# DESCRIPTION OF THE TASK
Your job is to retype the whole listing exactly.

# DATA EXCERPTS

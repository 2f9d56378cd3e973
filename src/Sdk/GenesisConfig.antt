-- ===== src/Sdk/GenesisConfig.antt =====
-- crates/kernel/sdk/src/genesis_config.rs: the parameter list that a network installs at genesis.
-- `none` stands for the panic of `encode_config` on keys that do not increase.
pub mod TimeUnit
pub mod RoundTrip
use mathlib.Core.Option
use ducktape_sdk.Prelude.{
  ℕ, Bool, true, false, not, Option, none, some, List, [], ◌∷◌, ◌++◌, length, if◌then◌else◌,
}
use ducktape_sdk.Bytes.Order.{bytes_lt, bytes_eq}
use ducktape_sdk.Parser.{Result, Read, pure, refuse_if, ◌>>=◌, ◌>>◌, for_each}
use ducktape_sdk.Sdk.Codec.{
  Error, keys_not_increasing, Cursor, ReadCursor, u64_le, push_str, push_bytes, new, u64, bound,
  string, bytes, complete,
}

-- A key and its value.
abbrev pub Param : Type 0
Param = List ℕ × List ℕ

-- `prev.is_none_or(|p| p < key)`
unfoldable pub increases : Option (List ℕ) → List ℕ → Bool
increases none key = true
increases (some p) key = bytes_lt p key

unfoldable pub encode_params : Option (List ℕ) → List Param → Option (List ℕ)
encode_params prev [] = some []
encode_params prev ((key, value) ∷ params) =
    let rest = encode_params (some key) params in
    if increases prev key
    then Option.map (λ out. push_str key ++ (push_bytes value ++ out)) rest
    else none

unfoldable pub encode_config : List Param → Option (List ℕ)
encode_config params = Option.map (λ out. u64_le (length params) ++ out) (encode_params none params)

-- One round of the loop of `decode_config`, over `prev` and `params`.
unfoldable pub decode_param :
    Option (List ℕ) × List Param → ReadCursor (Option (List ℕ) × List Param)
decode_param (prev, params) = do
  key ← string "genesis-config key"
  refuse_if (not (increases prev key)) keys_not_increasing
  value ← bytes "genesis-config value"
  pure (some key, params ++ ((key, value) ∷ []))

unfoldable pub read_config : ReadCursor (List Param)
read_config = do
  count ← u64 "genesis-config parameter count"
  bound count 16 "genesis-config parameter"
  (prev, params) ← for_each count decode_param (none, [])
  pure params

unfoldable pub decode_config : List ℕ → Result Error (List Param)
decode_config bytes = complete "genesis-config" read_config (new bytes)

unfoldable pub find : List Param → List ℕ → Option (List ℕ)
find [] key = none
find ((k, v) ∷ params) key = if bytes_eq k key then some v else find params key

# TASK ANSWER
repository 2f9d56378cd3e973
filename src/Sdk/GenesisConfig.antt
-- ===== src/Sdk/GenesisConfig.antt =====
-- crates/kernel/sdk/src/genesis_config.rs: the parameter list that a network installs at genesis.
-- `none` stands for the panic of `encode_config` on keys that do not increase.
pub mod TimeUnit
pub mod RoundTrip
use mathlib.Core.Option
use ducktape_sdk.Prelude.{
  ℕ, Bool, true, false, not, Option, none, some, List, [], ◌∷◌, ◌++◌, length, if◌then◌else◌,
}
use ducktape_sdk.Bytes.Order.{bytes_lt, bytes_eq}
use ducktape_sdk.Parser.{Result, Read, pure, refuse_if, ◌>>=◌, ◌>>◌, for_each}
use ducktape_sdk.Sdk.Codec.{
  Error, keys_not_increasing, Cursor, ReadCursor, u64_le, push_str, push_bytes, new, u64, bound,
  string, bytes, complete,
}

-- A key and its value.
abbrev pub Param : Type 0
Param = List ℕ × List ℕ

-- `prev.is_none_or(|p| p < key)`
unfoldable pub increases : Option (List ℕ) → List ℕ → Bool
increases none key = true
increases (some p) key = bytes_lt p key

unfoldable pub encode_params : Option (List ℕ) → List Param → Option (List ℕ)
encode_params prev [] = some []
encode_params prev ((key, value) ∷ params) =
    let rest = encode_params (some key) params in
    if increases prev key
    then Option.map (λ out. push_str key ++ (push_bytes value ++ out)) rest
    else none

unfoldable pub encode_config : List Param → Option (List ℕ)
encode_config params = Option.map (λ out. u64_le (length params) ++ out) (encode_params none params)

-- One round of the loop of `decode_config`, over `prev` and `params`.
unfoldable pub decode_param :
    Option (List ℕ) × List Param → ReadCursor (Option (List ℕ) × List Param)
decode_param (prev, params) = do
  key ← string "genesis-config key"
  refuse_if (not (increases prev key)) keys_not_increasing
  value ← bytes "genesis-config value"
  pure (some key, params ++ ((key, value) ∷ []))

unfoldable pub read_config : ReadCursor (List Param)
read_config = do
  count ← u64 "genesis-config parameter count"
  bound count 16 "genesis-config parameter"
  (prev, params) ← for_each count decode_param (none, [])
  pure params

unfoldable pub decode_config : List ℕ → Result Error (List Param)
decode_config bytes = complete "genesis-config" read_config (new bytes)

unfoldable pub find : List Param → List ℕ → Option (List ℕ)
find [] key = none
find ((k, v) ∷ params) key = if bytes_eq k key then some v else find params key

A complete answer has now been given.